Rapid City’s up and coming Crisis Stabilization Unit aims to give people who need behavioral health and mental health assistance the local care they need.

Linda Reidt Kilber with Behavioral Health Systems says, “So, that we can keep individuals in our community is best for everybody. It’s best for the community. It’s best for employers. It’s best for families, and most of all, it’s a priority for the adults who are experiencing their crisis.”

To get that help now, people have to travel as far Yankton which is five hours away.

Kevin Thom, Pennington County Sheriff, says, “80-percent plus that are in and out of a facility within five days. So, this is going to save all those people from having to go to potentially Eastern South Dakota to go the Human Services Center. Which, again provides good services, but is a geographic challenge to get form here to there and back.”

Chief of Rapid City Police, Don Hedrick, says “It’s going to allow folks that need assistance to be closer to their resources in our community as opposed to being shipped across the state. They’re going to be closer to their connections. Closer to their family members and support, and that’s so important in a time of crisis.”

“To keep people in our community. It will only be stronger for them to help them in their road to recovery,” says Kilber.

Sheriff Thom says, “We’re the 24/7 guardians of our community. Whether it’s homelessness, mental health, substance abuse. We’re on the forefront with that.”
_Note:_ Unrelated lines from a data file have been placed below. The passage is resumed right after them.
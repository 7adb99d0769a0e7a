-- ===== src/Channels/Decorators/Laws.antt =====
-- Truncation, and what building an instance keeps.
use notify_hub.Base.{
  ℕ, zero, suc, ◌-◌, ◌≤◌, ◌<◌, ◌++◌, [], ◌∷◌, some, Text, lit, take, length, leb, length-append,
  length-take, ◌≡◌, refl, arith, Bool-cases, inl, inr, leb→le, All, ◌⊎◌,
}
use notify_hub.Base.Map.{Map, lookup, lookup-All}
use notify_hub.Core.{str, Notification, ChannelInstance}
use notify_hub.Ports.{Externals, NotificationChannel, World, object, logged, info}
use notify_hub.Ports.Keeps.{Keeps}
use notify_hub.Channels.Registry.{ChannelRegistryEntry, channel_registry}
use notify_hub.Channels.Adapters.Frame
use notify_hub.Channels.Decorators.{truncated, truncating_channel, logging_channel, wrap}

-- With a limit of at least one, the message that TruncatingChannel hands to the adapter fits it, in
-- UTF-16 units and without the title, which some adapters put before it: it is the message as it is,
-- or the message is too long, and all but one of the limit's units are kept, with an ellipsis after
-- them.
pub truncated_lem :
    (limit : ℕ) (message : Text)
    → 1 ≤ limit
    → (length (truncated (some limit) message) ≤ limit)
      × ((truncated (some limit) message ≡ message)
          ⊎ ((limit < length message)
              × (length (truncated (some limit) message) ≡ limit)
              × (truncated (some limit) message ≡ take (limit - 1) message ++ lit "…")))
unfolding truncated lit
truncated_lem zero message h = absurd (omega arith)
truncated_lem (suc n) message h = elim (Bool-cases (leb (length message) (suc n))) [
  | inl fits ↦ rw fits (leb→le _ _ fits, inl refl)
  | inr long ↦
      let longer : suc n < length message = ground (arith, long) in
      let cut = length-take n message (omega arith) in
      let added = length-append (take n message) (lit "…") in
      let exact : length (take n message ++ lit "…") ≡ suc n = ground (arith, cut, added) in
      rw long (omega arith, inr (longer, exact, ground arith))
]

-- Every channel of the registry sends without touching the tables or the recorded deliveries.
abbrev pub SendKeeps : Externals → ChannelRegistryEntry → Type 0
SendKeeps x entry = (cfg : Map Text) (n : Notification) → Keeps ((entry.factory x cfg).send n)

registry-All-SendKeeps : (x : Externals) → All (λ e. SendKeeps x e.1) channel_registry
unfolding channel_registry
registry-All-SendKeeps x = (
  Frame.ntfy-Keeps x,
  (
    Frame.telegram-Keeps x,
    (
      Frame.email-Keeps x,
      (
        Frame.slack-Keeps x,
        (
          Frame.discord-Keeps x,
          (
            Frame.whatsapp-Keeps x,
            (Frame.voicemonkey-Keeps x, (Frame.webhook-Keeps x, (Frame.local_tts-Keeps x, tt))),
          ),
        ),
      ),
    ),
  ),
)

pub registry-SendKeeps :
    (x : Externals) (type : Text) (entry : ChannelRegistryEntry)
    → lookup channel_registry type ≡ some entry
    → SendKeeps x entry
registry-SendKeeps x type entry e =
    lookup-All (SendKeeps x) channel_registry type entry e (registry-All-SendKeeps x)

-- The world after a channel's first log line.
abbrev pub sending : Text → World → World
sending name w = record w {
  events =
      w.events
      ++ logged (record {
        level = info;
        fields = object ((lit "channel", str name) ∷ []);
        msg = lit "sending notification";
      })
        ∷ [];
}

pub logging_channel-Keeps :
    (inner : NotificationChannel) (name : Text) (n : Notification)
    → Keeps (inner.send n)
    → Keeps ((logging_channel inner name).send n)
unfolding logging_channel
logging_channel-Keeps inner name n k = record {
  db = λ w. ground (arith, k.db (sending name w));
  deliveries = λ w. ground (arith, k.deliveries (sending name w));
}

pub wrap-Keeps :
    (x : Externals) (i : ChannelInstance) (entry : ChannelRegistryEntry)
    → SendKeeps x entry
    → (n : Notification) → Keeps ((wrap x i entry).send n)
unfolding wrap truncating_channel
wrap-Keeps x i entry k n =
    logging_channel-Keeps (truncating_channel (entry.factory x i.config) entry.max_length) i.id n
      (k i.config (record n { message = truncated entry.max_length n.message }))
Chief Hedrick says, “A lot of times with first responders we’re dealing with somebody that’s in an immediate crisis, and it’s our main goal to get them out of that immediate crisis. But then, once that short time frame is over, we lack options.”

The Crisis Stabilization Unit will seek to address a need in the community that’s been looming for decades, longer term care, “And I’m confident the Crisis Stabilization Unit is going to bring more resources to the people that need it,” says Chief Hedrick.
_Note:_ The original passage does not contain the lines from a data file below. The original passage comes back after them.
-- ===== src/Delivery/Laws.antt =====
-- The branches of `deliver`, and what it leaves alone.
use notify_hub.Base.{
  true, false, ◌++◌, [], ◌∷◌, Option, none, some, Text, lit, ◌≡◌, refl, ◌∙◌, arith, pos, ℤ, sub_ℕ,
  ◌⊎◌, Bool-cases, inl, inr,
}
use notify_hub.Base.Map.{Map, lookup}
use notify_hub.Core.{str, bool, num, ChannelInstance, DeliveryJob}
use notify_hub.Db.Channels
use notify_hub.Ports.{
  Externals, Outcome, ok, raise, World, NotificationChannel, logged, warn, info, error, object,
  LogLine,
}
use notify_hub.Ports.Keeps.{Keeps}
use notify_hub.Channels.Registry.{ChannelRegistryEntry, channel_registry}
use notify_hub.Channels.Decorators.{
  build_entry, build_instance, wrap, logging_channel, truncating_channel, truncated,
}
use notify_hub.Channels.Decorators.Laws.{registry-SendKeeps, wrap-Keeps, sending}
use notify_hub.Delivery.{skip, fail, timed_send, send_built, deliver_to, deliver, failed_msg}

skip-Keeps : (job : DeliveryJob) (reason : Text) → Keeps (skip job reason)
unfolding skip
skip-Keeps job reason = record { db = λ w. refl; deliveries = λ w. refl }

timed_send-Keeps :
    (x : Externals) (job : DeliveryJob) (channel : NotificationChannel)
    → Keeps (channel.send job.notification)
    → Keeps (timed_send x job channel)
unfolding timed_send
timed_send-Keeps x job channel k = record {
  db = λ w. ground (arith, k.db w);
  deliveries = λ w. ground (arith, k.deliveries w);
}

send_built-Keeps :
    (x : Externals) (job : DeliveryJob) (i : ChannelInstance) (found : Option ChannelRegistryEntry)
    → lookup channel_registry i.type ≡ found
    → Keeps (send_built x job (build_entry x i found))
unfolding send_built build_entry
send_built-Keeps x job i none e = record { db = λ w. refl; deliveries = λ w. refl }
send_built-Keeps x job i (some entry) e =
    timed_send-Keeps x job (wrap x i entry)
      (wrap-Keeps x i entry (registry-SendKeeps x i.type entry e) job.notification)

deliver_to-Keeps :
    (x : Externals) (job : DeliveryJob) (o : Option ChannelInstance)
    → Keeps (deliver_to x channel_registry job o)
unfolding deliver_to build_instance
deliver_to-Keeps x job none = skip-Keeps job (lit "not-found")
deliver_to-Keeps x job (some i) = elim (Bool-cases i.enabled) [
  | inl on ↦ rw on (send_built-Keeps x job i _ refl)
  | inr off ↦ rw off (skip-Keeps job (lit "disabled"))
]

-- A delivery changes no table and records no outcome of its own, whatever its result.
pub deliver-Keeps : (x : Externals) (job : DeliveryJob) → Keeps (deliver x channel_registry job)
unfolding deliver
deliver-Keeps x job = record {
  db = λ w. (deliver_to-Keeps x job (Channels.get w.db job.channel)).db w;
  deliveries = λ w. (deliver_to-Keeps x job (Channels.get w.db job.channel)).deliveries w;
}

-- The log lines of one delivery.
abbrev pub sent_line : Text → LogLine
sent_line id = record {
  level = info;
  fields = object ((lit "channel", str id) ∷ []);
  msg = lit "notification sent";
}

abbrev pub send_failed_line : Text → Text → LogLine
send_failed_line id message = record {
  level = error;
  fields = object ((lit "channel", str id) ∷ (lit "error", str message) ∷ []);
  msg = lit "notification send failed";
}

abbrev pub failed_line : Text → Text → ℤ → LogLine
failed_line channel message ms = record {
  level = error;
  fields = object (
      (lit "channel", str channel)
      ∷ (lit "ok", bool false)
      ∷ (lit "error", str message)
      ∷ (lit "attempts", num (pos 1))
      ∷ (lit "durationMs", num ms)
      ∷ []);
  msg = failed_msg channel;
}

module _ (x : Externals) (registry : Map ChannelRegistryEntry) (job : DeliveryJob) (w : World) where
  -- The promise resolves with no attempt made, and the only effect is one warning.
  abbrev pub IsSkipped : Text → Type 0
  IsSkipped reason = deliver x registry job w ≡ (
    ok (record {
      channel = job.channel;
      ok = true;
      error = none;
      attempts = 0;
      duration_ms = pos 0;
    }),
    record w {
      events =
          w.events
          ++ logged (record {
            level = warn;
            fields = object ((lit "channel", str job.channel) ∷ (lit "reason", str reason) ∷ []);
            msg =
                lit "delivery skipped for instance \""
                ++ (job.channel ++ lit "\" (missing or disabled)");
          })
            ∷ [];
    },
  )

  -- The instance is missing or disabled, and the reason that is given for it.
  abbrev pub IsUnavailable : Text → Type 0
  IsUnavailable reason =
      ((Channels.get w.db job.channel ≡ none) × (reason ≡ lit "not-found"))
      ⊎ ((i : ChannelInstance) × (Channels.get w.db job.channel ≡ some i)
          × (i.enabled ≡ false)
          × (reason ≡ lit "disabled"))

  -- The delivery to a missing or disabled instance is skipped: it resolves with no attempt made, and
  -- its only effect is one warning with the reason.
  pub deliver-skips : (reason : Text) → IsUnavailable reason → IsSkipped reason
  unfolding deliver skip
  deliver-skips reason (inl (e, r)) = rw e (rw r refl)
  deliver-skips reason (inr (i, e, off, r)) = rw e (rw off (rw r refl))

  -- The adapter's own send of an enabled instance: the result, and the world that it leaves. It
  -- gets the truncated message, after the channel's first log line.
  abbrev pub attempt : ChannelInstance → ChannelRegistryEntry → Outcome (Unit {0}) × World
  attempt i entry =
      (entry.factory x i.config).send
        (record job.notification { message = truncated entry.max_length job.notification.message })
        (sending i.id w)

  abbrev pub logging : LogLine → World → World
  logging line w' = record w' { events = w'.events ++ logged line ∷ [] }

  -- The milliseconds since the delivery began, on the clock.
  abbrev pub elapsed : World → ℤ
  elapsed later = sub_ℕ (x.now later) (x.now w)

  module _ (i : ChannelInstance) (entry : ChannelRegistryEntry) (on : i.enabled ≡ true)
      (stored : Channels.get w.db job.channel ≡ some i)
      (known : lookup registry i.type ≡ some entry) where
    deliver-eq-timed_send : deliver x registry job w ≡ timed_send x job (wrap x i entry) w
    unfolding deliver build_instance
    deliver-eq-timed_send = rw stored (rw on (rw known))

    -- To an enabled instance of a known type, a send that succeeds: one attempt, no error, and one "notification sent" line after what the
    -- adapter did.
    pub deliver-sent :
        (attempt i entry).0 ≡ ok tt
        → let after = logging (sent_line i.id) (attempt i entry).1 in
          deliver x registry job w ≡ (
            ok (record {
              channel = job.channel;
              ok = true;
              error = none;
              attempts = 1;
              duration_ms = elapsed after;
            }),
            after,
          )
    unfolding timed_send wrap logging_channel truncating_channel
    deliver-sent e = deliver-eq-timed_send ∙ ground arith

    -- To an enabled instance of a known type, a send that fails: the error is thrown on to the queue, after the line of the channel and the
    -- line of the service, which holds the failing result.
    pub deliver-failed :
        (message : Text)
        → (attempt i entry).0 ≡ raise message
        → let after = logging (send_failed_line i.id message) (attempt i entry).1 in
          deliver x registry job w
          ≡ (raise message, logging (failed_line job.channel message (elapsed after)) after)
    unfolding timed_send fail wrap logging_channel truncating_channel
    deliver-failed message e = deliver-eq-timed_send ∙ ground arith

  -- An enabled instance of a type that the registry lacks fails with an error that names
  -- both, before anything is sent or logged.
  pub deliver-unknown_type :
      (i : ChannelInstance)
      → Channels.get w.db job.channel ≡ some i
      → i.enabled ≡ true
      → lookup registry i.type ≡ none
      → deliver x registry job w ≡ (
        raise (
            lit "Unknown channel type \""
            ++ (i.type ++ (lit "\" for instance \"" ++ (i.id ++ lit "\"")))),
        w,
      )
  unfolding deliver build_instance
  deliver-unknown_type i stored on unknown = rw stored (rw on (rw unknown refl))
“For example,” says Kilber, “they can get individual, group, family services, medication assistance and psychiatric services.”

“It provides that longer term option for individuals so that so that therapeutic interventions can be conducted, and there’s even an opportunity to provide medication if that’s needed. But, the big piece of that, of course,” says Barry Tice, the Director of Pennington County Health and Human services, “is that transition back to our community, and what we like to refer to as the ‘warm handoff.’”

“They will get linked back with clinical providers in their communities and other resources to assist them in their road to recovery. So that they have a support system when they go back to their own communities,” says Kilber.

“I think we’re going to lead the charge throughout the nation on things we can do in communities of our size to take really good care of people,” says Tice.

As for the project, it’s expected to be completed come the fall of 2022.